╔══

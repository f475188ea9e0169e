-- ===== src/Zstd/Laws.antt =====
-- What the manual of libzstd says of its streaming calls, as far as zstd.cpp relies on it.
use drop_file.Outcome.{zstd_exception, Exception}
use drop_file.Common.{
  ℕ, ◌≤◌, ◌<◌, ◌≡◌, ◌≢◌, Option, none, some, [], ◌∷◌, ◌++◌, Bytes, length, take, drop,
}
use drop_file.Zstd.{continue, Parameter, Library, Step, Directive, fine}

-- A context is described by the bytes that it was given and those that it has put out, and by how
-- many calls are left at most until what was asked for is done.
pub record Laws (z : Library) : Type 0 where
  -- The data of one or more complete frames.
  pub decoded : Bytes → Option Bytes
  pub nothing-decoded : decoded [] ≡ none
  pub fed : z.CCtx → Bytes
  pub out : z.CCtx → Bytes
  pub work : Directive → z.CCtx → Bytes → ℕ
  pub taken : z.DCtx → Bytes
  pub given : z.DCtx → Bytes
  pub effort : z.DCtx → Bytes → ℕ
  -- The library's buffers are bounded, and so are the calls for one input buffer.
  pub calls : ℕ
  pub work-lt :
      (mode : Directive) (c : z.CCtx) (input : Bytes)
      → length input ≤ z.in_size
      → work mode c input < calls
  pub effort-lt : (d : z.DCtx) (input : Bytes) → length input ≤ z.in_size → effort d input < calls
  pub in_size_pos : 0 < z.in_size
  pub new_cctx : (c : z.CCtx) → z.create_cctx ≡ some c → (fed c ≡ []) × (out c ≡ [])
  pub set_up :
      (p : Parameter) (n : ℕ) (c d : z.CCtx)
      → z.set_parameter p n c ≡ fine d
      → (fed d ≡ fed c) × (out d ≡ out c)
  pub reset :
      (c d : z.CCtx)
      → z.reset_session c ≡ fine d
      → (fed c ≡ [])
      → (out c ≡ [])
      → (fed d ≡ []) × (out d ≡ [])
  -- A call takes the front of its input, and what it puts out belongs to the frame.
  pub compress_moves :
      (mode : Directive) (n : ℕ) (input : Bytes) (c : z.CCtx) (s : Step z.CCtx)
      → z.compress_stream mode n input c ≡ fine s
      → (s.consumed ≤ length input)
        × (fed s.context ≡ fed c ++ take s.consumed input)
        × (out s.context ≡ out c ++ s.produced)
  -- Every call makes progress.
  pub continue_goes_on :
      (input : Bytes) (c : z.CCtx) (s : Step z.CCtx)
      → z.compress_stream continue z.out_size input c ≡ fine s
      → s.consumed < length input
      → work continue s.context (drop s.consumed input) < work continue c input
  -- ZSTD_e_continue does not end a frame.
  pub continue_open :
      (n : ℕ) (input : Bytes) (c : z.CCtx) (s : Step z.CCtx)
      → z.compress_stream continue n input c ≡ fine s
      → decoded (out c) ≡ none
      → decoded (out s.context) ≡ none
  pub end_goes_on :
      (input : Bytes) (c : z.CCtx) (s : Step z.CCtx)
      → z.compress_stream Directive.end z.out_size input c ≡ fine s
      → s.remaining ≢ 0
      → work Directive.end s.context (drop s.consumed input) < work Directive.end c input
  -- ZSTD_e_end returns 0 when all of the input is in a complete frame that is flushed.
  pub end_done :
      (input : Bytes) (c : z.CCtx) (s : Step z.CCtx)
      → z.compress_stream Directive.end z.out_size input c ≡ fine s
      → s.remaining ≡ 0
      → (s.consumed ≡ length input) × (decoded (out s.context) ≡ some (fed s.context))
  pub new_dctx : (d : z.DCtx) → z.create_dctx ≡ some d → (taken d ≡ []) × (given d ≡ [])
  pub decompress_moves :
      (n : ℕ) (input : Bytes) (d : z.DCtx) (s : Step z.DCtx)
      → z.decompress_stream n input d ≡ fine s
      → (s.consumed ≤ length input)
        × (taken s.context ≡ taken d ++ take s.consumed input)
        × (given s.context ≡ given d ++ s.produced)
  pub decompress_goes_on :
      (input : Bytes) (d : z.DCtx) (s : Step z.DCtx)
      → z.decompress_stream z.out_size input d ≡ fine s
      → 0 < length input
      → effort s.context (drop s.consumed input) < effort d input
  -- The last byte of a frame is not taken before all of its data is put out.
  pub given-decoded :
      (d : z.DCtx) (data' : Bytes) → decoded (taken d) ≡ some data' → given d ≡ data'

-- The bytes of an archive in which a file's data is packed: nothing for an empty file.
abbrev pub Packs : {z : Library} → Laws z → Bytes → Bytes → Type 0
Packs l [] packed = packed ≡ []
Packs l (x ∷ d) packed = l.decoded packed ≡ some (x ∷ d)

abbrev pub IsZstdException : Exception → Type 0
IsZstdException (zstd_exception t) = Unit {0}
IsZstdException _ = ⊥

╚══

## TASK DIRECTIONS
Looking at the entries above, how many lines contain "data"? State the number and nothing more.

## THE COMPLETED TASK
4